--- START ---
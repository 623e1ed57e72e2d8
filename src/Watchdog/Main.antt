-- ===== src/Watchdog/Main.antt =====
-- The main loop of the watchdog: one runtime after the other, and the reboot of a failed boot trial.
-- `Turn` is what the system answers in one pass of the loop; `log` keeps what the watchdog did to the
-- runtimes, newest first, which the source has no variable for.
pub mod Rules
pub mod Order
pub mod Count
pub mod Reboot
use audiox.Boot.Disk.{
  boot, Dir, state, Disk, Os, World, M, pure, ◌>>=◌, ◌>>◌, change, get_dir, get_file, is_some,
}
use audiox.Boot.Names.{trial_name, events_name}
use audiox.Boot.Files.{append_text}
use audiox.Prelude.Words.{add64, sub64, add32}
use audiox.Watchdog.Service.{
  Service, Look, new, next_backoff, supervise_service, reap_orphans, stop_service,
  sleep_supervising,
}
use audiox.Watchdog.Runtime.{
  Round, Ended, gone, stuck, Reason, process_exited, process_signalled, waitpid_failed,
  heartbeat_timed_out, startup_timed_out, start_watch, wait_for_runtime, next_delay, gives_up,
}
use Prim.Native.Nat.{ℕ}
use audiox.Prelude.{
  true, ◌||◌, ◌==◌, ◌++◌, [], ◌∷◌, ◌*◌, take, some, not, none, false, codes, bytes_eq, ℕ,
  if◌then◌else◌, Option, List, Bool,
}

-- `started`, the kill of a runtime's group, the wait for a killed runtime, and the call of reboot().
pub data Event : Type 0 where
  started : ℕ → Event
  killed : ℕ → Event
  awaited : ℕ → Event
  reboot_asked : Event

-- The variables of `main`, the log, and the disk.
pub record Main : Type 0 where
  pub restart_delay_seconds : ℕ
  pub restart_count : ℕ
  pub service : Service
  pub log : List Event
  pub world : World

-- `disk` is what the runtime leaves when it ends, `rebooted` whether reboot() works; then the devices
-- that stat() gives for the root and the config partition, and the times at which the clock is read.
pub record Turn : Type 0 where
  pub launch : ℕ
  pub piped : Bool
  pub forked : Option ℕ
  pub rounds : List Round
  pub orphans : List (ℕ × ℕ)
  pub disk : Disk
  pub root_device : Option ℕ
  pub config_device : Option ℕ
  pub rebooted : Bool
  pub ended : ℕ
  pub slept_at : ℕ
  pub sleeps : List (Look × ℕ)

-- After a pass: the next one, the return of `main`, a reboot, or answers that end too soon.
pub data Next : Type 0 where
  again : Main → Next
  returned : Main → Next
  rebooting : Main → Next
  waiting : Main → Next

unfoldable pub start_runtime : Bool → Option ℕ → Option ℕ
start_runtime piped forked = if piped then forked else none

unfoldable pub reason_text : Reason → List ℕ
reason_text process_exited = codes "main process exited"
reason_text process_signalled = codes "main process terminated by signal"
reason_text waitpid_failed = codes "waitpid failed"
reason_text heartbeat_timed_out = codes "main-loop heartbeat timed out"
reason_text startup_timed_out = codes "main process startup timed out before first heartbeat"

abbrev pub why : Ended → Reason
why (gone r) = r
why (stuck r) = r

-- getenv() says that this boot is a trial.
unfoldable pub is_trial : Option (List ℕ) → Bool
is_trial none = false
is_trial (some text) = bytes_eq text (codes "1")

-- stat() fails, or the config partition is not mounted over the root.
unfoldable pub not_mounted : Option ℕ → Option ℕ → Bool
not_mounted (some root) (some config) = root == config
not_mounted (some root) none = true
not_mounted none config = true

unfoldable pub boot_trial_still_pending : Option (List ℕ) → Option ℕ → Option ℕ → M Bool
boot_trial_still_pending trial root config =
    if not (is_trial trial)
    then pure false
    else do text ← get_file state trial_name; pure (is_some text || not_mounted root config)

unfoldable pub failure_line : Reason → List ℕ
failure_line r = take 255 (codes "[WATCHDOG] trial boot failed: " ++ reason_text r ++ codes "\n")

module _ (os : Os) where
  unfoldable pub log_failure : Reason → M (Unit {0})
  log_failure r = do
    dir ← get_dir state
    if is_some dir then append_text os state events_name (failure_line r) else pure tt

  -- Whether the call does not return.
  unfoldable pub reboot_failed_trial : Reason → Bool → M Bool
  reboot_failed_trial r rebooted = do _ ← log_failure r; pure rebooted

-- What the loop does to the group of a runtime that ended, or must.
unfoldable pub end_group : ℕ → Ended → List Event → List Event
end_group child (stuck r) log = awaited child ∷ killed child ∷ log
end_group child (gone r) log = killed child ∷ log

unfoldable pub after_runtime : Turn → ℕ → Ended → Service → Main → Main
after_runtime t child e s m = record m {
  service = reap_orphans t.orphans s;
  log = end_group child e m.log;
  world = change t.disk m.world;
}

-- `sleepSupervising` for so many seconds, in a pass that then goes on.
unfoldable pub sleep_then : Turn → ℕ → Main → (Service → Main) → Next
sleep_then t seconds m next =
    elim (sleep_supervising (add64 t.slept_at (seconds * 1000)) t.sleeps m.service) [
      | none ↦ waiting m
      | some s ↦ again (next s)
    ]

unfoldable pub fork_failed : Turn → Main → Next
fork_failed t m =
    sleep_then t m.restart_delay_seconds m
      (λ s. record m { service = s; restart_delay_seconds = next_backoff m.restart_delay_seconds })

unfoldable pub wait_to_restart : Turn → Main → Next
wait_to_restart t m = sleep_then t m.restart_delay_seconds m (λ s. record m { service = s })

module _ (os : Os) (trial : Option (List ℕ)) (maximum : ℕ) where
  -- The end of a pass, from `++restartCount` on.
  unfoldable pub count_restart : Turn → Main → Next
  count_restart t m =
      if gives_up maximum m.restart_count
      then returned
          (record m { restart_count = add32 m.restart_count 1; service = stop_service m.service })
      else wait_to_restart t (record m {
        restart_count = add32 m.restart_count 1;
        restart_delay_seconds = next_delay (sub64 t.ended t.launch) m.restart_delay_seconds;
      })

  unfoldable pub pending_now : Turn → Main → Bool
  pending_now t m = (boot_trial_still_pending trial t.root_device t.config_device m.world).0

  unfoldable pub reboot_or_count : Turn → Reason → Main → Next
  reboot_or_count t r m =
      let (gone_down, w) = reboot_failed_trial os r t.rebooted m.world in
      let asked = record m { log = reboot_asked ∷ m.log; world = w } in
      if gone_down then rebooting asked else count_restart t asked

  unfoldable pub after_end : Turn → Reason → Main → Next
  after_end t r m = if pending_now t m then reboot_or_count t r m else count_restart t m

  unfoldable pub watch_runtime : Turn → ℕ → Main → Next
  watch_runtime t child m =
      let running = record m { log = started child ∷ m.log } in
      elim (wait_for_runtime t.launch t.rounds (start_watch t.launch m.service)) [
        | none ↦ waiting running
        | some (e, s) ↦ after_end t (why e) (after_runtime t child e s running)
      ]

  -- One pass of the loop.
  unfoldable pub pass : Turn → Main → Next
  pass t m = elim (start_runtime t.piped t.forked) [
    | none ↦ fork_failed t m
    | some child ↦ watch_runtime t child m
  ]

  unfoldable pub run_main : List Turn → Main → Next
  run_main [] m = waiting m
  run_main (t ∷ ts) m = elim (pass t m) [
    | again m' ↦ run_main ts m'
    | returned m' ↦ returned m'
    | rebooting m' ↦ rebooting m'
    | waiting m' ↦ waiting m'
  ]

-- `main` before the loop: the helper daemon is looked at once if its program and its configuration
-- can be used.
unfoldable pub start_main : List ℕ → Bool → Look → World → Main
start_main path usable look w = record {
  restart_delay_seconds = 1;
  restart_count = 0;
  service =
      if bytes_eq path [] || not usable
      then new
      else supervise_service look.now look.waited look.forked (record new { enabled = true });
  log = [];
  world = w;
}

-- The whole of `main`, with the answers to each pass of its loop.
unfoldable pub main : Os → Option (List ℕ) → ℕ → List ℕ → Bool → Look → World → List Turn → Next
main os trial maximum path usable look w ts =
    run_main os trial maximum ts (start_main path usable look w)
--- END ---
§ Exercise instructions:
Your output should be the listing's lines, exact and complete, from its first line to the line that contains "then the devices", inclusive.

§ Answer space:
repository 623e1ed57e72e2d8
filename src/Watchdog/Main.antt
-- ===== src/Watchdog/Main.antt =====
-- The main loop of the watchdog: one runtime after the other, and the reboot of a failed boot trial.
-- `Turn` is what the system answers in one pass of the loop; `log` keeps what the watchdog did to the
-- runtimes, newest first, which the source has no variable for.
pub mod Rules
pub mod Order
pub mod Count
pub mod Reboot
use audiox.Boot.Disk.{
  boot, Dir, state, Disk, Os, World, M, pure, ◌>>=◌, ◌>>◌, change, get_dir, get_file, is_some,
}
use audiox.Boot.Names.{trial_name, events_name}
use audiox.Boot.Files.{append_text}
use audiox.Prelude.Words.{add64, sub64, add32}
use audiox.Watchdog.Service.{
  Service, Look, new, next_backoff, supervise_service, reap_orphans, stop_service,
  sleep_supervising,
}
use audiox.Watchdog.Runtime.{
  Round, Ended, gone, stuck, Reason, process_exited, process_signalled, waitpid_failed,
  heartbeat_timed_out, startup_timed_out, start_watch, wait_for_runtime, next_delay, gives_up,
}
use Prim.Native.Nat.{ℕ}
use audiox.Prelude.{
  true, ◌||◌, ◌==◌, ◌++◌, [], ◌∷◌, ◌*◌, take, some, not, none, false, codes, bytes_eq, ℕ,
  if◌then◌else◌, Option, List, Bool,
}

-- `started`, the kill of a runtime's group, the wait for a killed runtime, and the call of reboot().
pub data Event : Type 0 where
  started : ℕ → Event
  killed : ℕ → Event
  awaited : ℕ → Event
  reboot_asked : Event

-- The variables of `main`, the log, and the disk.
pub record Main : Type 0 where
  pub restart_delay_seconds : ℕ
  pub restart_count : ℕ
  pub service : Service
  pub log : List Event
  pub world : World

-- `disk` is what the runtime leaves when it ends, `rebooted` whether reboot() works; then the devices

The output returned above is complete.